• [How to complete this task]
A word-for-word repetition of all the entries is required.

• [Exercise material]
-- ===== src/Sqllog/Rows.antt =====
-- pkg/logstructured/sqllog/sql.go: RowsToEvents and scan, which make events of the rows of a query.
use kine.Prelude.{
  ℕ, ◌≡◌, refl, ◌⊎◌, inl, inr, Bool, ◌&&◌, Option, none, some, List, [], ◌∷◌, Bytes, if◌then◌else◌,
  All,
}
use kine.Types.{KeyValue, Event, Error}

-- The columns of a row, in the order of `dests`; the first two can be null.
pub record Columns : Type 0 where
  pub current_rev : Option ℕ
  pub compact_rev : Option ℕ
  pub mod_revision : ℕ
  pub key : Bytes
  pub create : Bool
  pub delete : Bool
  pub create_revision : ℕ
  pub prev_revision : ℕ
  pub lease : ℕ
  pub value : Bytes
  pub old_value : Bytes

-- sql.Rows: each row, or the error of its Scan
abbrev pub Rows : Type 0
Rows = List (Error ⊎ Columns)

-- the field `Int64` of a NullInt64
abbrev pub int64_of : Option ℕ → ℕ
int64_of none = 0
int64_of (some n) = n

-- the KeyValue and the event that `scan` makes; the values are columns only if they were asked for
abbrev pub scanned_kv : Bool → Columns → KeyValue
scanned_kv val c = record {
  key = c.key;
  value = if val then c.value else [];
  version = 0;
  create_revision = if c.create then c.mod_revision else c.create_revision;
  mod_revision = c.mod_revision;
  lease = c.lease;
}

abbrev pub scanned_prev : Bool → Columns → KeyValue
scanned_prev val c = record {
  key = c.key;
  value = if val then c.old_value else [];
  version = 0;
  create_revision = c.create_revision;
  mod_revision = c.prev_revision;
  lease = c.lease;
}

abbrev pub scanned : Bool → Bool → Columns → Event
scanned val prev c = record {
  delete = c.delete;
  create = c.create;
  kv = some (scanned_kv val c);
  prev_kv = if c.create then none else some (scanned_prev (val && prev) c);
}

-- an event put before those of the rest of the rows, unless a row of the rest fails
abbrev pub consed : Event → ℕ × ℕ × List Event × Option Error → ℕ × ℕ × List Event × Option Error
consed e (rev, compact, events, none) = (rev, compact, e ∷ events, none)
consed e (rev, compact, events, some err) = (0, 0, [], some err)

-- the loop of RowsToEvents; the last row's revisions remain
unfoldable pub rows_loop : Bool → Bool → Rows → ℕ → ℕ → ℕ × ℕ × List Event × Option Error
rows_loop val prev [] rev compact = (rev, compact, [], none)
rows_loop val prev (inl e ∷ rows) rev compact = (0, 0, [], some e)
rows_loop val prev (inr c ∷ rows) rev compact =
    consed (scanned val prev c)
      (rows_loop val prev rows (int64_of c.current_rev) (int64_of c.compact_rev))

abbrev pub rows_to_events : Bool → Bool → Rows → ℕ × ℕ × List Event × Option Error
rows_to_events val prev rows = rows_loop val prev rows 0 0

-- rows that all can be read, and carry the same two revisions
abbrev pub rows_of : List Columns → Rows
rows_of [] = []
rows_of (c ∷ cs) = inr c ∷ rows_of cs

abbrev pub Stamped : ℕ → ℕ → Columns → Type 0
Stamped rev compact c = (int64_of c.current_rev ≡ rev) × (int64_of c.compact_rev ≡ compact)

abbrev pub events_of : Bool → Bool → List Columns → List Event
events_of val prev [] = []
events_of val prev (c ∷ cs) = scanned val prev c ∷ events_of val prev cs

rows_loop-rows_of :
    (val prev : Bool) (cs : List Columns) (rev compact : ℕ)
    → All (Stamped rev compact) cs
    → rows_loop val prev (rows_of cs) rev compact ≡ (rev, compact, events_of val prev cs, none)
unfolding rows_loop
rows_loop-rows_of val prev [] rev compact h = refl
rows_loop-rows_of val prev (c ∷ cs) rev compact h =
    rw (h.0.0, h.0.1) (rw (rows_loop-rows_of val prev cs rev compact h.1) refl)

-- With a row, the two revisions are those of the rows.
pub rows_to_events-rows_of :
    (val prev : Bool) (c : Columns) (cs : List Columns) (rev compact : ℕ)
    → All (Stamped rev compact) (c ∷ cs)
    → rows_to_events val prev (rows_of (c ∷ cs)) ≡ (rev, compact, events_of val prev (c ∷ cs), none)
unfolding rows_loop
rows_to_events-rows_of val prev c cs rev compact h =
    rw (h.0.0, h.0.1) (rw (rows_loop-rows_of val prev cs rev compact h.1) refl)
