-- ===== src/Sqllog/Dialect.antt =====
-- The interface Dialect of pkg/server/types.go, as the SQL log uses it: each method takes the state of
-- the database and returns its results and the state after it.
use kine.Prelude.{ℕ, Bool, Option, Bytes}
use kine.Types.{Error}
use kine.Sqllog.Rows.{Rows}

pub record Dialect (D : Type 0) : Type 0 where
  pub list_current : Bytes → Bytes → ℕ → Bool → Bool → D → (Rows × Option Error) × D
  pub list : Bytes → Bytes → ℕ → ℕ → Bool → Bool → D → (Rows × Option Error) × D
  pub count_current : Bytes → Bytes → D → (ℕ × ℕ × Option Error) × D
  pub count : Bytes → Bytes → ℕ → D → (ℕ × ℕ × ℕ × Option Error) × D
  pub current_revision : D → (ℕ × Option Error) × D
  pub after : Bytes → Bytes → ℕ → ℕ → D → (Rows × Option Error) × D
  pub insert : Bytes → Bool → Bool → ℕ → ℕ → ℕ → Bytes → D → (ℕ × Option Error) × D
  pub get_compact_revision : D → (ℕ × Option Error) × D
  pub get_size : D → (ℕ × Option Error) × D
  pub translate_start_key : Bytes → Bytes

• [Task result]
-- ===== src/Sqllog/Rows.antt =====
-- pkg/logstructured/sqllog/sql.go: RowsToEvents and scan, which make events of the rows of a query.
use kine.Prelude.{
  ℕ, ◌≡◌, refl, ◌⊎◌, inl, inr, Bool, ◌&&◌, Option, none, some, List, [], ◌∷◌, Bytes, if◌then◌else◌,
  All,
}
use kine.Types.{KeyValue, Event, Error}

-- The columns of a row, in the order of `dests`; the first two can be null.
pub record Columns : Type 0 where
  pub current_rev : Option ℕ
  pub compact_rev : Option ℕ
  pub mod_revision : ℕ
  pub key : Bytes
  pub create : Bool
  pub delete : Bool
  pub create_revision : ℕ
  pub prev_revision : ℕ
  pub lease : ℕ
  pub value : Bytes
  pub old_value : Bytes

-- sql.Rows: each row, or the error of its Scan
abbrev pub Rows : Type 0
Rows = List (Error ⊎ Columns)

-- the field `Int64` of a NullInt64
abbrev pub int64_of : Option ℕ → ℕ
int64_of none = 0
int64_of (some n) = n

-- the KeyValue and the event that `scan` makes; the values are columns only if they were asked for
abbrev pub scanned_kv : Bool → Columns → KeyValue
scanned_kv val c = record {
  key = c.key;
  value = if val then c.value else [];
  version = 0;
  create_revision = if c.create then c.mod_revision else c.create_revision;
  mod_revision = c.mod_revision;
  lease = c.lease;
}

abbrev pub scanned_prev : Bool → Columns → KeyValue
scanned_prev val c = record {
  key = c.key;
  value = if val then c.old_value else [];
  version = 0;
  create_revision = c.create_revision;
  mod_revision = c.prev_revision;
  lease = c.lease;
}

abbrev pub scanned : Bool → Bool → Columns → Event
scanned val prev c = record {
  delete = c.delete;
  create = c.create;
  kv = some (scanned_kv val c);
  prev_kv = if c.create then none else some (scanned_prev (val && prev) c);
}

-- an event put before those of the rest of the rows, unless a row of the rest fails
abbrev pub consed : Event → ℕ × ℕ × List Event × Option Error → ℕ × ℕ × List Event × Option Error
consed e (rev, compact, events, none) = (rev, compact, e ∷ events, none)
consed e (rev, compact, events, some err) = (0, 0, [], some err)

-- the loop of RowsToEvents; the last row's revisions remain
unfoldable pub rows_loop : Bool → Bool → Rows → ℕ → ℕ → ℕ × ℕ × List Event × Option Error
rows_loop val prev [] rev compact = (rev, compact, [], none)
rows_loop val prev (inl e ∷ rows) rev compact = (0, 0, [], some e)
rows_loop val prev (inr c ∷ rows) rev compact =
    consed (scanned val prev c)
      (rows_loop val prev rows (int64_of c.current_rev) (int64_of c.compact_rev))

abbrev pub rows_to_events : Bool → Bool → Rows → ℕ × ℕ × List Event × Option Error
rows_to_events val prev rows = rows_loop val prev rows 0 0

-- rows that all can be read, and carry the same two revisions
abbrev pub rows_of : List Columns → Rows
rows_of [] = []
rows_of (c ∷ cs) = inr c ∷ rows_of cs

abbrev pub Stamped : ℕ → ℕ → Columns → Type 0
Stamped rev compact c = (int64_of c.current_rev ≡ rev) × (int64_of c.compact_rev ≡ compact)

abbrev pub events_of : Bool → Bool → List Columns → List Event
events_of val prev [] = []
events_of val prev (c ∷ cs) = scanned val prev c ∷ events_of val prev cs

rows_loop-rows_of :
    (val prev : Bool) (cs : List Columns) (rev compact : ℕ)
    → All (Stamped rev compact) cs
    → rows_loop val prev (rows_of cs) rev compact ≡ (rev, compact, events_of val prev cs, none)
unfolding rows_loop
rows_loop-rows_of val prev [] rev compact h = refl
rows_loop-rows_of val prev (c ∷ cs) rev compact h =
    rw (h.0.0, h.0.1) (rw (rows_loop-rows_of val prev cs rev compact h.1) refl)

-- With a row, the two revisions are those of the rows.
pub rows_to_events-rows_of :
    (val prev : Bool) (c : Columns) (cs : List Columns) (rev compact : ℕ)
    → All (Stamped rev compact) (c ∷ cs)
    → rows_to_events val prev (rows_of (c ∷ cs)) ≡ (rev, compact, events_of val prev (c ∷ cs), none)
unfolding rows_loop
rows_to_events-rows_of val prev c cs rev compact h =
    rw (h.0.0, h.0.1) (rw (rows_loop-rows_of val prev cs rev compact h.1) refl)
-- ===== src/Sqllog/Dialect.antt =====
-- The interface Dialect of pkg/server/types.go, as the SQL log uses it: each method takes the state of
-- the database and returns its results and the state after it.
use kine.Prelude.{ℕ, Bool, Option, Bytes}
use kine.Types.{Error}
use kine.Sqllog.Rows.{Rows}

pub record Dialect (D : Type 0) : Type 0 where
  pub list_current : Bytes → Bytes → ℕ → Bool → Bool → D → (Rows × Option Error) × D
  pub list : Bytes → Bytes → ℕ → ℕ → Bool → Bool → D → (Rows × Option Error) × D
  pub count_current : Bytes → Bytes → D → (ℕ × ℕ × Option Error) × D
  pub count : Bytes → Bytes → ℕ → D → (ℕ × ℕ × ℕ × Option Error) × D
  pub current_revision : D → (ℕ × Option Error) × D
  pub after : Bytes → Bytes → ℕ → ℕ → D → (Rows × Option Error) × D
  pub insert : Bytes → Bool → Bool → ℕ → ℕ → ℕ → Bytes → D → (ℕ × Option Error) × D
  pub get_compact_revision : D → (ℕ × Option Error) × D
  pub get_size : D → (ℕ × Option Error) × D
  pub translate_start_key : Bytes → Bytes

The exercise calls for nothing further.